- _RECORD SET_:
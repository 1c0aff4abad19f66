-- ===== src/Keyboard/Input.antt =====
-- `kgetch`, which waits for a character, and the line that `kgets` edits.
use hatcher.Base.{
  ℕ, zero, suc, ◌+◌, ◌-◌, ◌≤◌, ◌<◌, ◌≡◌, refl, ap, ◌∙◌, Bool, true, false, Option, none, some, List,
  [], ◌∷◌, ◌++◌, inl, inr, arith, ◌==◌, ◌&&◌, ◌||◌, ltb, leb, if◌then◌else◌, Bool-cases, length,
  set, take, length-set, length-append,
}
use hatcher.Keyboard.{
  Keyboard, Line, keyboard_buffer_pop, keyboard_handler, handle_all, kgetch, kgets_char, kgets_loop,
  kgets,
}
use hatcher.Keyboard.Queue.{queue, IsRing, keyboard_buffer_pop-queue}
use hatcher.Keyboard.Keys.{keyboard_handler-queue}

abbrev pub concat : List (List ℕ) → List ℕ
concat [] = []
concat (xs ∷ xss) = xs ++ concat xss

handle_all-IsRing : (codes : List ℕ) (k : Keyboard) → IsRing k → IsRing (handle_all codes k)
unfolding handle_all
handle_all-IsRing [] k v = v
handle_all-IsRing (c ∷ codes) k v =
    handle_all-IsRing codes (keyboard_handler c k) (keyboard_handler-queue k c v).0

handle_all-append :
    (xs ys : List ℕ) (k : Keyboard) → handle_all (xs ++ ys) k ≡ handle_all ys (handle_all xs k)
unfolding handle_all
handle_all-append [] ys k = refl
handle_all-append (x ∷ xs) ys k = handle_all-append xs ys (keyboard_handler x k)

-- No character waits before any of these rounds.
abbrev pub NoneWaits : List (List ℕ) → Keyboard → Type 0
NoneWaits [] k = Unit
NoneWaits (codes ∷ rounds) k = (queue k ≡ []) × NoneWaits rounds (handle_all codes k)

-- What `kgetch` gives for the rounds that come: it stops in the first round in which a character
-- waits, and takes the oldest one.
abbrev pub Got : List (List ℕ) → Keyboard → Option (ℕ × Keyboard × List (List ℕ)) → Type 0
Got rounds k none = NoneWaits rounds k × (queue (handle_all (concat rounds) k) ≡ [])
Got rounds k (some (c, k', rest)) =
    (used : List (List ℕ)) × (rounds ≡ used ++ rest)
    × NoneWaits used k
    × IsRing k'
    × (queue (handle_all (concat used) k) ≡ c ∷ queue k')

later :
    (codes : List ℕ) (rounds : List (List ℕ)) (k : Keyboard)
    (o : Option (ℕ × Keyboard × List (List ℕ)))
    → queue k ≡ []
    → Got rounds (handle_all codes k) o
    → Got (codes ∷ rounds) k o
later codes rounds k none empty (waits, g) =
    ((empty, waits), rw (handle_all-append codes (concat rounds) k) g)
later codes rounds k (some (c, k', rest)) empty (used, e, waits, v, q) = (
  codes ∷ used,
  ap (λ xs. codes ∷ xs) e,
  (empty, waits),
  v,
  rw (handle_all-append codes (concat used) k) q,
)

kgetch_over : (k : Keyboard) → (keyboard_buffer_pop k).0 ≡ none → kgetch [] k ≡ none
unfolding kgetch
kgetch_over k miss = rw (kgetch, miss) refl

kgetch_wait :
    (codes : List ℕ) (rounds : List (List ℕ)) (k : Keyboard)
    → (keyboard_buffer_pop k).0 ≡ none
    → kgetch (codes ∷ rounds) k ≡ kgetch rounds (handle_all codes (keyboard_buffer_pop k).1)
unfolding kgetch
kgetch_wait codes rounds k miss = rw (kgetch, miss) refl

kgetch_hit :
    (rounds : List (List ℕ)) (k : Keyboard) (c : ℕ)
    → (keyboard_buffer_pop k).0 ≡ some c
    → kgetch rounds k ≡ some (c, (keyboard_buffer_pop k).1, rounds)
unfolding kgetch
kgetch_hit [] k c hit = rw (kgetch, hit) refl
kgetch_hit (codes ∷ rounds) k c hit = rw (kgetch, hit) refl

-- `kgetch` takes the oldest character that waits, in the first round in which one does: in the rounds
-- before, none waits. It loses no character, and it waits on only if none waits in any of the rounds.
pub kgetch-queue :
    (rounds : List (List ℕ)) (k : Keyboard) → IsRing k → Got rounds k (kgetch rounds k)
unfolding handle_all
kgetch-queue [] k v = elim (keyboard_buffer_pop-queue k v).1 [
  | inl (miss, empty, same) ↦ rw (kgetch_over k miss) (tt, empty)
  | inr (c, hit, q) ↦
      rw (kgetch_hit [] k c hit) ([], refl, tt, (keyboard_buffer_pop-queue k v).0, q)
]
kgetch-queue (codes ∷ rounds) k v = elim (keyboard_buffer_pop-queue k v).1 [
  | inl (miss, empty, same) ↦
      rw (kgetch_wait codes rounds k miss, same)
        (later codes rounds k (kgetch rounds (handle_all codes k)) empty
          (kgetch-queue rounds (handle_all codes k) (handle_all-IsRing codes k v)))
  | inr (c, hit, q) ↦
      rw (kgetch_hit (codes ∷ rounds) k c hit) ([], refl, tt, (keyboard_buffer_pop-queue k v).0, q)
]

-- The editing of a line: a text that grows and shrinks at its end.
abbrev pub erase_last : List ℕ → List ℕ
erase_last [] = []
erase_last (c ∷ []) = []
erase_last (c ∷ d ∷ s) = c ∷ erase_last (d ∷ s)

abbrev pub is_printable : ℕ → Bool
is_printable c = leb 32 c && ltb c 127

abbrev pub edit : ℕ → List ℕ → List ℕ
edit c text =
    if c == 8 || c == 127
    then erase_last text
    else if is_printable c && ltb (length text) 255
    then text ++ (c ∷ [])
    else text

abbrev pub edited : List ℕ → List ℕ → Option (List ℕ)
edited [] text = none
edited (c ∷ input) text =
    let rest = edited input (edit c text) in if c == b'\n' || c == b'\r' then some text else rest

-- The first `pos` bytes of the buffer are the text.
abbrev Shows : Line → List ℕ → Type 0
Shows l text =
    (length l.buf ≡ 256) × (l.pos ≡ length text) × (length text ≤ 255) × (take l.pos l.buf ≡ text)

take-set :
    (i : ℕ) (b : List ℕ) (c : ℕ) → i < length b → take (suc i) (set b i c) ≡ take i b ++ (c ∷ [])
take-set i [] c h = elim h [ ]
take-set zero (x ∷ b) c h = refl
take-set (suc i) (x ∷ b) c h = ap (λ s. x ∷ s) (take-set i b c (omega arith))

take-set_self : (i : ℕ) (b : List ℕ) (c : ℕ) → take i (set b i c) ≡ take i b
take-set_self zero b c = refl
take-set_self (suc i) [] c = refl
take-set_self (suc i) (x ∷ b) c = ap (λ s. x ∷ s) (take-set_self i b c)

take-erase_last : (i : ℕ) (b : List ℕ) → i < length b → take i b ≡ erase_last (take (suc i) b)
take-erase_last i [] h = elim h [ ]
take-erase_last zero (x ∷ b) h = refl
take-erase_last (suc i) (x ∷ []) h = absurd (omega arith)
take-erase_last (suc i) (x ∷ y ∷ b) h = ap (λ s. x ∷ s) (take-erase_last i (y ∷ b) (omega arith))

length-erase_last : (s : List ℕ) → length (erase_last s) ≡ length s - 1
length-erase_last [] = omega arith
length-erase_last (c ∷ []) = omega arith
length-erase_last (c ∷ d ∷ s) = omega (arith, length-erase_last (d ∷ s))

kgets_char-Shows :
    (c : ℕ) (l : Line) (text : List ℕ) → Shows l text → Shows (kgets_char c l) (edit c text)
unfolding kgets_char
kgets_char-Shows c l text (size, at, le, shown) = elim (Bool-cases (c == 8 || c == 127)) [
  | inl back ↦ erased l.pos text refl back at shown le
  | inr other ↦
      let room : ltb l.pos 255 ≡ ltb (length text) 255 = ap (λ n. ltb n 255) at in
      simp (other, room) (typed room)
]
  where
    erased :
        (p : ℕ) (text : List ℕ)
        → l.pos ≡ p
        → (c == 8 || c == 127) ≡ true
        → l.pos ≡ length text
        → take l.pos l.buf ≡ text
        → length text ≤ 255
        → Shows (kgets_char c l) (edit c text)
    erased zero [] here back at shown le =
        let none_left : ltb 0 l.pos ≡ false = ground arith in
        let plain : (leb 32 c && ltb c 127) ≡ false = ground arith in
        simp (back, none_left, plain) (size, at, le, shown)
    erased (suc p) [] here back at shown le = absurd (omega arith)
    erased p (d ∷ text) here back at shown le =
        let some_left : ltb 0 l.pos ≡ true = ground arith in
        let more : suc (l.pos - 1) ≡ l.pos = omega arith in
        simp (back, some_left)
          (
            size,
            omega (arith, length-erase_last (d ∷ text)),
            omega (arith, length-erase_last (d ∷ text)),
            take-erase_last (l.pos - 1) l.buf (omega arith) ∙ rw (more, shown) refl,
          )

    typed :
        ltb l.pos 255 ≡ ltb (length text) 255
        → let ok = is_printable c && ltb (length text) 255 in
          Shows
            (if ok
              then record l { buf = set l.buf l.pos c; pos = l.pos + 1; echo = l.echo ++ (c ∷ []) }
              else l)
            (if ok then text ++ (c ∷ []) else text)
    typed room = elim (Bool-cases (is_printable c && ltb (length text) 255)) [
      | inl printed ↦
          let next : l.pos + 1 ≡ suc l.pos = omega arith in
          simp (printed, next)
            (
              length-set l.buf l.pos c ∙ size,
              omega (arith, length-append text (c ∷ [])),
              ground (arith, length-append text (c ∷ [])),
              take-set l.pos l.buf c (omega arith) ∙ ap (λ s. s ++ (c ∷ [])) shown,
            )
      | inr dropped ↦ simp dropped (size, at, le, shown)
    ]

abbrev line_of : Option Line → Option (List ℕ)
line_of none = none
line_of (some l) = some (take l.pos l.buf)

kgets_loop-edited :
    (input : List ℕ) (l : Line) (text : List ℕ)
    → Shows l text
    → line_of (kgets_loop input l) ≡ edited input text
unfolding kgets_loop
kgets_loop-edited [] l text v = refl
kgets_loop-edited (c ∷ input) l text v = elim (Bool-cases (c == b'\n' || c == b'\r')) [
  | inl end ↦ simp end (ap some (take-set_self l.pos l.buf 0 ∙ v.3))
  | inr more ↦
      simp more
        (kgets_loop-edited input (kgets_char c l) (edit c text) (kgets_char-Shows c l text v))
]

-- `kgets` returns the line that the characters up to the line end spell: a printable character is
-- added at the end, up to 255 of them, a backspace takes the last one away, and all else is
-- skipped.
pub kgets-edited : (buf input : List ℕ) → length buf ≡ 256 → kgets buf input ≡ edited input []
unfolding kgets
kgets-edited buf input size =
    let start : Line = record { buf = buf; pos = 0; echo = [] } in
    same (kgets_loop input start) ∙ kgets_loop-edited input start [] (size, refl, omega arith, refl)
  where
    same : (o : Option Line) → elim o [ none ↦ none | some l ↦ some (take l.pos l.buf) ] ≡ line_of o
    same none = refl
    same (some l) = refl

- _ACTIVITY_: Gather each line of the records holding the string "append".

- _TASK ANSWER_:
  set, take, length-set, length-append,
handle_all-append :
handle_all-append [] ys k = refl
handle_all-append (x ∷ xs) ys k = handle_all-append xs ys (keyboard_handler x k)
    ((empty, waits), rw (handle_all-append codes (concat rounds) k) g)
  rw (handle_all-append codes (concat used) k) q,
              omega (arith, length-append text (c ∷ [])),
              ground (arith, length-append text (c ∷ [])),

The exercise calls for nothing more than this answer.